Records for the task:

- - -

-- ===== src/Worker/Master/Stops.antt =====
-- `start_work_processes` of process_cycle.c: which processes get a signal in the end.
use mathlib.Core.Path.{subst}
use crawler.Base.{
  ℕ, zero, suc, ◌+◌, ◌<◌, ◌≤◌, ◌≡◌, refl, ap, ◌∙◌, Bool, true, false, Option, none, some, List, [],
  ◌∷◌, ◌++◌, append_assoc, length, length-append, arith,
}
use crawler.Worker.Master.{
  WaitPid, Signal, sigint, sigchld, MasterState, crawler_process_get_status, crawler_signal_handler,
  stopped, no_pids, set_pid, fork_loop, suspend_loop, start_work_processes, kill_loop, pid_at,
}

-- The processes of k workers, from worker i on.
abbrev pub workers : (ℕ → ℕ) → ℕ → ℕ → List (Option ℕ)
workers pid zero i = []
workers pid (suc k) i = some (pid i) ∷ workers pid k (suc i)

abbrev pub has_sigint : List Signal → Bool
has_sigint [] = false
has_sigint (sigint ∷ xs) = true
has_sigint (sigchld ∷ xs) = has_sigint xs

set_pid-append :
    (xs ys : List (Option ℕ)) (p : ℕ) (o : Option ℕ)
    → set_pid (length xs) p (xs ++ (o ∷ ys)) ≡ xs ++ (some p ∷ ys)
unfolding set_pid
set_pid-append [] ys p o = refl
set_pid-append (x ∷ xs) ys p o = ap (λ l. x ∷ l) (set_pid-append xs ys p o)

fork_loop-workers :
    (fork : ℕ → Option ℕ) (pid : ℕ → ℕ) (k : ℕ) (xs : List (Option ℕ))
    → ((j : ℕ) → length xs ≤ j → j < length xs + k → fork j ≡ some (pid j))
    → fork_loop fork k (length xs) (xs ++ no_pids k) ≡ (true, xs ++ workers pid k (length xs))
unfolding fork_loop
fork_loop-workers fork pid zero xs forks = refl
fork_loop-workers fork pid (suc k) xs forks =
    let i = length xs in
    let ys = xs ++ (some (pid i) ∷ []) in
    let long : length ys ≡ suc i = length-append xs (some (pid i) ∷ []) ∙ (omega arith) in
    let next =
      fork_loop-workers fork pid k ys
        (λ j low high. forks j (omega (arith, long)) (omega (arith, long))) in
    let joined : fork_loop fork k (suc i) (xs ++ (some (pid i) ∷ no_pids k))
        ≡ (true, xs ++ (some (pid i) ∷ workers pid k (suc i))) =
      rw
        (
          long,
          append_assoc xs (some (pid i) ∷ []) (no_pids k),
          append_assoc xs (some (pid i) ∷ []) (workers pid k (suc i)),
        )
        at next in
    rw (forks i (omega arith) (omega arith), set_pid-append xs (no_pids k) (pid i) none) joined

pid_at-append : (xs ys : List (Option ℕ)) (y : Option ℕ) → pid_at (length xs) (xs ++ (y ∷ ys)) ≡ y
unfolding pid_at
pid_at-append [] ys y = refl
pid_at-append (x ∷ xs) ys y = pid_at-append xs ys y

kill_loop-append : (xs ys : List (Option ℕ)) → kill_loop (length ys) (length xs) (xs ++ ys) ≡ ys
unfolding kill_loop
kill_loop-append xs [] = refl
kill_loop-append xs (y ∷ ys) =
    let next = kill_loop-append (xs ++ (y ∷ [])) ys in
    let long : length (xs ++ (y ∷ [])) ≡ suc (length xs) =
      length-append xs (y ∷ []) ∙ (omega arith) in
    let rest : kill_loop (length ys) (suc (length xs)) (xs ++ (y ∷ ys)) ≡ ys =
      rw (long, append_assoc xs (y ∷ []) ys) at next in
    rw (pid_at-append xs ys y, rest) refl

suspend_loop-stopped :
    (n : ℕ) (signals : List Signal) (pids : List (Option ℕ)) (reported : List (ℕ × ℕ))
    (waiting : List WaitPid)
    → has_sigint signals ≡ true
    → (m : MasterState) × (suspend_loop n signals (record {
      work_processes_pid = pids;
      crawler_quit = false;
      reported = reported;
      waiting = waiting;
    })
        ≡ stopped (kill_loop n 0 pids) m)
unfolding suspend_loop crawler_signal_handler
suspend_loop-stopped n [] pids reported waiting h = absurd (cc h)
suspend_loop-stopped n (sigint ∷ xs) pids reported waiting h = (_, refl)
suspend_loop-stopped n (sigchld ∷ xs) pids reported waiting h =
    let (seen, left) = crawler_process_get_status pids waiting in
    suspend_loop-stopped n xs pids (reported ++ seen) left h

length-workers : (pid : ℕ → ℕ) (k i : ℕ) → length (workers pid k i) ≡ k
length-workers pid zero i = refl
length-workers pid (suc k) i = ap suc (length-workers pid k (suc i))

-- Where the calls that set up the signals, `malloc` and each `fork` succeed, and SIGINT comes among
-- the signals: whatever signals come before it and whatever `waitpid` finds, the master ends, and
-- its calls of `kill` with SIGINT were given the numbers that `fork` gave it, each once, in order,
-- and no other number.
pub start_work_processes-stopped :
    (fork : ℕ → Option ℕ) (pid : ℕ → ℕ) (n : ℕ) (signals : List Signal) (waiting : List WaitPid)
    → ((j : ℕ) → j < n → fork j ≡ some (pid j))
    → has_sigint signals ≡ true
    → (m : MasterState) × (start_work_processes (true, true, true, true) fork n signals waiting
        ≡ stopped (workers pid n 0) m)
unfolding start_work_processes
start_work_processes-stopped fork pid n signals waiting forks h =
    let all_places : (k : ℕ)
        → length (workers pid n 0) ≡ k
        → kill_loop k 0 (workers pid n 0) ≡ workers pid n 0 =
      λ k e.
        subst (λ j. kill_loop j 0 (workers pid n 0) ≡ workers pid n 0) e
          (kill_loop-append [] (workers pid n 0)) in
    let (m, ends) = suspend_loop-stopped n signals (workers pid n 0) [] waiting h in
    (
      m,
      rw (fork_loop-workers fork pid n [] (λ j low high. forks j (omega arith)))
          (ends ∙ ap (λ l. stopped l m) (all_places n (length-workers pid n 0))),
    )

- - -

Task details: From the data above, output exactly the lines between the one containing "-- the signals: whatever" and the one containing "Signal) (waiting : List WaitPid)", counting both of them.

Finished task:
-- the signals: whatever signals come before it and whatever `waitpid` finds, the master ends, and
-- its calls of `kill` with SIGINT were given the numbers that `fork` gave it, each once, in order,
-- and no other number.
pub start_work_processes-stopped :
    (fork : ℕ → Option ℕ) (pid : ℕ → ℕ) (n : ℕ) (signals : List Signal) (waiting : List WaitPid)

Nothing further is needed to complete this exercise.